# Bilge Pump placement



## pymybob (Apr 20, 2015)

I'm going to be placing a bilge pump in my Sea Nymph 14R and I I think I know where I'm placing it but would like to hear opinions on my placement. I'm thinking of putting it here:





Good? Bad? Any thoughts?


----------



## Johnny (Apr 20, 2015)

perfect


----------



## RivRunR (Apr 22, 2015)

Looks good, but I raised mine off the deck about 1/2" so it wouldn't be as prone to sucking in dirt, etc.


----------



## muskiemike12 (Apr 22, 2015)

I did the same as rivrunr and attached mine to the transom support using a small piece of aluminum angle.


----------



## onthewater102 (Apr 22, 2015)

Might want to put it on the other side of the transom support - yes it will be set a smidge higher, but it will have the transom support to protect it should the gas tank shift around while trailering the boat.


----------



## pymybob (Apr 22, 2015)

I like the idea of raising it a bit and good call on the gas tank. I plan on having storage on either side of each transom support. Decisions, decisions. Thanks for the input everyone!


----------



## JMichael (Apr 23, 2015)

I'd put it where it had a little clearance on all sides (at least enough to get your fingers in to) in order to be able clean out any leaves or other debris that gets in there.


----------



## rickybobbybend (Apr 25, 2015)

Mike makes a good point on access.
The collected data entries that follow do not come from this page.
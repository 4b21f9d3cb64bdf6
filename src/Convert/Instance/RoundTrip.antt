-- ===== src/Convert/Instance/RoundTrip.antt =====
-- What is left of the parameters of a v1beta1 instance that goes to v1alpha1 and back.
use dbaas_operator.Prelude.{
  String, ◌≡◌, ◌≢◌, refl, sym, ◌∙◌, ap, inl, inr, Bool, false, not, ◌&&◌, none, some, [], ◌∷◌,
  arith, ◌==◌, eq_iff, if◌then◌else◌, is_empty, Bool-cases,
}
use dbaas_operator.Prelude.GoMap.{GoMap, HasDistinctKeys, lookup, insert, insert-HasDistinctKeys}
use dbaas_operator.Kube.{ObjectKey}
use dbaas_operator.Kube.Errors.{Result, ok}
use dbaas_operator.Api.V1alpha1
use dbaas_operator.Api.V1beta1
use dbaas_operator.Convert.Names.{convert_name_to, convert_name_from}
use dbaas_operator.Convert.Names.Inverse.{
  convert_name_iff, convert_name_to_tweaked, convert_name_from_project,
}
use dbaas_operator.Convert.Instance.{
  spec_from, ref_key, tweak, copy_params_from, params_from, params_to, field_params,
  spec_convert_to, spec_convert_from,
}
use dbaas_operator.Convert.Instance.Params.{
  or_else, renamed, original, lookup-params_to, lookup-params_from,
}

copy_params_from-HasDistinctKeys :
    (p : String) (params dst : GoMap String)
    → HasDistinctKeys dst
    → HasDistinctKeys (copy_params_from p params dst)
unfolding copy_params_from
copy_params_from-HasDistinctKeys p [] dst h = h
copy_params_from-HasDistinctKeys p ((key, val) ∷ rest) dst h =
    elim (Bool-cases (is_empty (convert_name_from p key))) [
      | inl e ↦ rw e (copy_params_from-HasDistinctKeys p rest dst h)
      | inr e ↦ rw e (
          copy_params_from-HasDistinctKeys p rest _
            (insert-HasDistinctKeys (tweak (convert_name_from p key)) val dst h))
    ]

-- The parameter `k` has a v1alpha1 name that the way back knows.
abbrev pub comes_back : String → String → Bool
comes_back p k =
    not (is_empty (convert_name_from p k)) && not (convert_name_from p k == "ProjectName")

original-name :
    (p k name : String) (params : GoMap String)
    → convert_name_to p name ≡ k
    → name ≢ ""
    → k ≢ ""
    → original p name params
      ≡ (if not false && not (name == "ProjectName") then lookup k params else none)
original-name p k name params back ne hk = elim (Bool-cases (name == "ProjectName")) [
  | inl e ↦ rw e
  | inr e ↦ elim (Bool-cases (name == "projectName")) [
    | inl t ↦
        absurd
          (hk (sym (back) ∙ ap (convert_name_to p) ((eq_iff _ _).0 t) ∙ convert_name_to_tweaked p))
    | inr t ↦ rw (e, t, back) (rw (ne_empty k hk))
  ]
]
  where
    ne_empty : (s : String) → s ≢ "" → is_empty s ≡ false
    ne_empty s h = ground (arith, eq_iff s "")

params_from-HasDistinctKeys :
    (p : String) (params : GoMap String) → HasDistinctKeys (params_from p params)
unfolding params_from
params_from-HasDistinctKeys p params = copy_params_from-HasDistinctKeys p params [] tt

not_comes_back : (p : String) → comes_back p V1beta1.provisioning_team_project ≡ false
not_comes_back p = ground (arith, convert_name_from_project p)

renamed-params_from :
    (p k : String) (params : GoMap String)
    → k ≢ ""
    → HasDistinctKeys params
    → renamed p k (params_from p params) ≡ (if comes_back p k then lookup k params else none)
renamed-params_from p k params hk d =
    let name = convert_name_from p k in
    elim (Bool-cases (is_empty name)) [
      | inl e ↦ rw e
      | inr e ↦
          let ne : name ≢ "" = ground (arith, eq_iff name "") in
          rw e (
            rw (lookup-params_from p name params ne d)
              (original-name p k name params ((convert_name_iff p name k ne hk).1 refl) ne hk))
    ]

spec_convert_from_ok :
    (get : ObjectKey → Result V1beta1.DbaasInventory) (src : V1beta1.DbaasInstanceSpec)
    (inv : V1beta1.DbaasInventory)
    → get (ref_key src.inventory_ref) ≡ ok inv
    → (spec_convert_from (some get) src).0 ≡ spec_from inv.spec.provider_ref.name src
unfolding spec_convert_from
spec_convert_from_ok get src inv e = rw (e, spec_convert_from)

spec_convert_to-spec_from :
    (get : ObjectKey → Result V1alpha1.DbaasInventory) (src : V1beta1.DbaasInstanceSpec)
    (inv : V1alpha1.DbaasInventory) (p : String)
    → get (ref_key src.inventory_ref) ≡ ok inv
    → (spec_convert_to (some get) (spec_from p src)).0.provisioning_parameters
      ≡ params_to inv.spec.provider_ref.name (spec_from p src)
unfolding spec_convert_to spec_from
spec_convert_to-spec_from get src inv p e = rw (e, spec_convert_to)

lookup-params_to-spec_from :
    (p k : String) (src : V1beta1.DbaasInstanceSpec)
    → k ≢ ""
    → HasDistinctKeys src.provisioning_parameters
    → lookup k (params_to p (spec_from p src)) ≡ (
        if V1beta1.provisioning_plan == k
        then some V1beta1.provisioning_plan_free_trial
        else or_else
            (if comes_back p k then lookup k src.provisioning_parameters else none)
            (lookup k (field_params (spec_from p src))))
unfolding spec_from
lookup-params_to-spec_from p k src hk d =
    let distinct = params_from-HasDistinctKeys p src.provisioning_parameters in
    rw (lookup-params_to p k (spec_from p src) hk distinct)
      (rw (renamed-params_from p k src.provisioning_parameters hk d))

-- The parameters of a v1beta1 spec after both conversions.
abbrev pub there_and_back :
    (ObjectKey → Result V1beta1.DbaasInventory)
    → (ObjectKey → Result V1alpha1.DbaasInventory)
    → V1beta1.DbaasInstanceSpec
    → GoMap String
there_and_back get_beta get_alpha src =
    (spec_convert_to (some get_alpha)
      (spec_convert_from (some get_beta) src).0).0.provisioning_parameters

pub lookup_round_trip :
    (get_beta : ObjectKey → Result V1beta1.DbaasInventory)
    (get_alpha : ObjectKey → Result V1alpha1.DbaasInventory) (src : V1beta1.DbaasInstanceSpec)
    (beta : V1beta1.DbaasInventory) (alpha : V1alpha1.DbaasInventory) (k : String)
    → get_beta (ref_key src.inventory_ref) ≡ ok beta
    → get_alpha (ref_key src.inventory_ref) ≡ ok alpha
    → alpha.spec.provider_ref.name ≡ beta.spec.provider_ref.name
    → HasDistinctKeys src.provisioning_parameters
    → k ≢ ""
    → lookup k (there_and_back get_beta get_alpha src) ≡ (
        if V1beta1.provisioning_plan == k
        then some V1beta1.provisioning_plan_free_trial
        else or_else
            (if comes_back beta.spec.provider_ref.name k
              then lookup k src.provisioning_parameters
              else none)
            (lookup k (field_params (spec_from beta.spec.provider_ref.name src))))
lookup_round_trip get_beta get_alpha src beta alpha k got_beta got_alpha same d hk =
    let p = beta.spec.provider_ref.name in
    ap (λ s. lookup k (spec_convert_to (some get_alpha) s).0.provisioning_parameters)
      (spec_convert_from_ok get_beta src beta got_beta)
    ∙ ap (lookup k) (spec_convert_to-spec_from get_alpha src alpha p got_alpha)
    ∙ ap (λ q. lookup k (params_to q (spec_from p src))) same
    ∙ lookup-params_to-spec_from p k src hk d

-- A team project never comes back, whatever the provider, where both conversions read an inventory
-- of the same provider: MongoDB Atlas is given it under a name that the way back does not know, and
-- the others are not given it.
pub team_project_lost :
    (get_beta : ObjectKey → Result V1beta1.DbaasInventory)
    (get_alpha : ObjectKey → Result V1alpha1.DbaasInventory) (src : V1beta1.DbaasInstanceSpec)
    (beta : V1beta1.DbaasInventory) (alpha : V1alpha1.DbaasInventory)
    → get_beta (ref_key src.inventory_ref) ≡ ok beta
    → get_alpha (ref_key src.inventory_ref) ≡ ok alpha
    → alpha.spec.provider_ref.name ≡ beta.spec.provider_ref.name
    → HasDistinctKeys src.provisioning_parameters
    → lookup V1beta1.provisioning_team_project (there_and_back get_beta get_alpha src) ≡ none
unfolding lookup insert
team_project_lost get_beta get_alpha src beta alpha got_beta got_alpha same d =
    let p = beta.spec.provider_ref.name in
    let k = V1beta1.provisioning_team_project in
    lookup_round_trip get_beta get_alpha src beta alpha k got_beta got_alpha same d
      (ground (arith, eq_iff k ""))
    ∙ (rw (not_comes_back p))
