-- ===== src/Convert/Inventory/RoundTrip.antt =====
-- Converting an inventory to the other version and back.
use dbaas_operator.Prelude.{◌≡◌, ◌≢◌, ◌↔◌, refl, ap, Option, none, some, List, [], ◌∷◌, map, arith}
use dbaas_operator.Api.V1alpha1
use dbaas_operator.Api.V1beta1
use dbaas_operator.Convert.Inventory.{
  service_of, instance_of, services_of, instances_of, no_policy, spec_convert_to, spec_convert_from,
  status_convert_to, status_convert_from, convert_to, convert_from,
}

map-instance_of-service_of : (l : List V1alpha1.Instance) → map instance_of (map service_of l) ≡ l
map-instance_of-service_of [] = refl
map-instance_of-service_of (i ∷ l) = ap (λ r. i ∷ r) (map-instance_of-service_of l)

instances_of-services_of :
    (o : Option (List V1alpha1.Instance)) → o ≢ some [] → instances_of (services_of o) ≡ o
unfolding services_of instances_of
instances_of-services_of none h = refl
instances_of-services_of (some []) h = absurd (h refl)
instances_of-services_of (some (i ∷ l)) h = ap (λ r. some (i ∷ r)) (map-instance_of-service_of l)

status_from_to :
    (s : V1alpha1.DbaasInventoryStatus)
    → s.instances ≢ some []
    → status_convert_from (status_convert_to s) ≡ s
unfolding status_convert_from status_convert_to
status_from_to s h =
    λ k. record { conditions = s.conditions; instances = instances_of-services_of s.instances h k }

spec_from_to : (s : V1alpha1.DbaasOperatorInventorySpec) → spec_convert_from (spec_convert_to s) ≡ s
unfolding spec_convert_from spec_convert_to
spec_from_to s = ground arith

-- A v1alpha1 inventory comes back from v1beta1 as it was, if its list of instances is not an empty
-- slice (which comes back as nil).
pub inventory_from_to :
    (i : V1alpha1.DbaasInventory) → i.status.instances ≢ some [] → convert_from (convert_to i) ≡ i
unfolding convert_from convert_to
inventory_from_to i h = λ k. record {
  meta = i.meta;
  spec = spec_from_to i.spec k;
  status = status_from_to i.status h k;
}

-- A v1beta1 inventory spec comes back from v1alpha1 as it was exactly if its policy is not an empty
-- object, which v1alpha1 does not tell from no policy.
pub inventory_spec_to_from :
    (s : V1beta1.DbaasOperatorInventorySpec)
    → (spec_convert_to (spec_convert_from s) ≡ s) ↔ (s.policy ≢ some no_policy)
unfolding spec_convert_from spec_convert_to
inventory_spec_to_from s = ground arith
Cleaning away debris is important; plus pumps don't last forever and will need to be replaced eventually.


----------



## lugoismad (Apr 30, 2015)

Hey!!!! We have the same boat!!! 

Boat Buddies!!! :mrgreen: 

I put mine on the other side of that rib, because between the two ribs and in front of the drain hole is where I put my fuel cell.


----------



## lugoismad (Apr 30, 2015)

I took some pics for you on how I set mine up.












I plan on painting the bilge area with truck bed liner after I've used it a few times and its gotten rinsed out. The boat sat with leaves rotting in it for years, and the bottom is kinda gungy. waiting until after I take it out a few times and it gets rinsed out well before I paint it.


----------